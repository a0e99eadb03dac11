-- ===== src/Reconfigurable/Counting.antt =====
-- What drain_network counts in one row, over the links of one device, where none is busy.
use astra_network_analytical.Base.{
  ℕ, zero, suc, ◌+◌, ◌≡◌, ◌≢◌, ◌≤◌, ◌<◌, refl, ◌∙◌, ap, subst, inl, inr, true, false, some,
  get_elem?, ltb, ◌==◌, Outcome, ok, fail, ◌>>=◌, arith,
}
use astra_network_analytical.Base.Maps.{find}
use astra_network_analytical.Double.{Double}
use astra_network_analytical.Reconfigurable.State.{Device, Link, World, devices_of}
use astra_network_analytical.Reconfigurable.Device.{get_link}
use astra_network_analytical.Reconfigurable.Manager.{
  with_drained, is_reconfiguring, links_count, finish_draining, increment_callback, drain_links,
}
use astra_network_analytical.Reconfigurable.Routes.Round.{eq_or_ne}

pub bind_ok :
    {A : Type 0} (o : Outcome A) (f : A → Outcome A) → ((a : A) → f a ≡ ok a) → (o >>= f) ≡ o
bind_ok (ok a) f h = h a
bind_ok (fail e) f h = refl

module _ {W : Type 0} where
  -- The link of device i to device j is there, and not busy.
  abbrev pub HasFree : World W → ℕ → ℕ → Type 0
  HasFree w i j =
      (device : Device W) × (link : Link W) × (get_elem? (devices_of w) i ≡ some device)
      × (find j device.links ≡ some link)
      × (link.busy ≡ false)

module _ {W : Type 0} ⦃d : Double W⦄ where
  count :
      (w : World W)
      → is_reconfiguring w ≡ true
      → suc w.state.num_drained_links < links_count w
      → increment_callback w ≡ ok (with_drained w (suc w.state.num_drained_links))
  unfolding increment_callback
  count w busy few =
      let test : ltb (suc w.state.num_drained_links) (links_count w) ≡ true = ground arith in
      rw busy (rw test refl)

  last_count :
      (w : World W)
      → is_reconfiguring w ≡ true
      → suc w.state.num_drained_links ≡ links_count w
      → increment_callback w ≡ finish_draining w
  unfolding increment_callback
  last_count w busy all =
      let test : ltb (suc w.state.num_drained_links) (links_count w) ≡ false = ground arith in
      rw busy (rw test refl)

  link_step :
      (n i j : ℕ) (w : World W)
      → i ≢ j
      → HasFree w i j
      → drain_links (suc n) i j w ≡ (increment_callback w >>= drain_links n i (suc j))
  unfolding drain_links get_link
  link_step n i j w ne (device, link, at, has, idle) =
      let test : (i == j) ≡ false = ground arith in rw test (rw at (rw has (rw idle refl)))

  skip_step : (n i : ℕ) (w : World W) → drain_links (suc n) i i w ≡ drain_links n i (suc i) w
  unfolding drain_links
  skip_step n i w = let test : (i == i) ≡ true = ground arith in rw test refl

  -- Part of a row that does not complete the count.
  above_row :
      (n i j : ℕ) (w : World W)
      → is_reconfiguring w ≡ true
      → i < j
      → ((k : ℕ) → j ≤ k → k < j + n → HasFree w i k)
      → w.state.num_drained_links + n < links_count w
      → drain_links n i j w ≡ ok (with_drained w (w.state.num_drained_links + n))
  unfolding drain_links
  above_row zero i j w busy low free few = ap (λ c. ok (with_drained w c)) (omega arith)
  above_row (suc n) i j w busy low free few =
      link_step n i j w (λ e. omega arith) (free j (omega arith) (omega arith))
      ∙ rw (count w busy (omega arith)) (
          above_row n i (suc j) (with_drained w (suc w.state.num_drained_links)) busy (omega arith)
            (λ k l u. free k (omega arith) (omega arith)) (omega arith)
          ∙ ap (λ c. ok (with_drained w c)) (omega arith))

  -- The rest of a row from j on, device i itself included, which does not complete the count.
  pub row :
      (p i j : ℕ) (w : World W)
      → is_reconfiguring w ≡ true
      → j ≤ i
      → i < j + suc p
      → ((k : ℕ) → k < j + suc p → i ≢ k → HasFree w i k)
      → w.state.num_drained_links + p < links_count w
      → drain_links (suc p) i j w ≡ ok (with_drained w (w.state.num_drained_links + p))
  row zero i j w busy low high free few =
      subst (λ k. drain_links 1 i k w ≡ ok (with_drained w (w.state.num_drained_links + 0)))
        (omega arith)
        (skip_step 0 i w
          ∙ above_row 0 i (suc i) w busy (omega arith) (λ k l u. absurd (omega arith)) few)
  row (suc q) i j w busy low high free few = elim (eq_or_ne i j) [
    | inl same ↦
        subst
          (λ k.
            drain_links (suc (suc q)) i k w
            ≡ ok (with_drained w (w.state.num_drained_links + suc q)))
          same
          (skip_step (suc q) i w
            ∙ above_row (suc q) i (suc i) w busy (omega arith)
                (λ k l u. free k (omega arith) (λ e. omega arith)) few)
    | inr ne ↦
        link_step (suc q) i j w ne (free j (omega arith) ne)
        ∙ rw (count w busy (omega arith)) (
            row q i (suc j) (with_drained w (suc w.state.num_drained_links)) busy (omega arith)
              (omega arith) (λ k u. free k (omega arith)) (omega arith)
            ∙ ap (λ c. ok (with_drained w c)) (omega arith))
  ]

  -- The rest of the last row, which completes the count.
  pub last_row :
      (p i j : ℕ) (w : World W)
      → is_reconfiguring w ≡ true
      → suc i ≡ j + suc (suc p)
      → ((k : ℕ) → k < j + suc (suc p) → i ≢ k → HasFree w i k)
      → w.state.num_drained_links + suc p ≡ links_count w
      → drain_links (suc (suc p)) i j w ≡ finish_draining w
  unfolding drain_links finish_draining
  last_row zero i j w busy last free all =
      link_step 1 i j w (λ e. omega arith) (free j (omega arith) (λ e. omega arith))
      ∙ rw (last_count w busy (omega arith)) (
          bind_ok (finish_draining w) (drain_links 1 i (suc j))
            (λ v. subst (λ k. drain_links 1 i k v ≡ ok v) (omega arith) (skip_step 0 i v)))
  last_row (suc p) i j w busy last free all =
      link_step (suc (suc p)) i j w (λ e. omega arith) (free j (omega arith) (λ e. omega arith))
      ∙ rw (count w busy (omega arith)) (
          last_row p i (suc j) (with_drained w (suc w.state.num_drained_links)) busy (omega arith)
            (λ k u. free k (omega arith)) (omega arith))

What you are asked to do —
Only the lines above from the one with "link_step 1 i" up to and including the one with "(λ v. subst" should be repeated, exactly as written.

Task output —
      link_step 1 i j w (λ e. omega arith) (free j (omega arith) (λ e. omega arith))
      ∙ rw (last_count w busy (omega arith)) (
          bind_ok (finish_draining w) (drain_links 1 i (suc j))
            (λ v. subst (λ k. drain_links 1 i k v ≡ ok v) (omega arith) (skip_step 0 i v)))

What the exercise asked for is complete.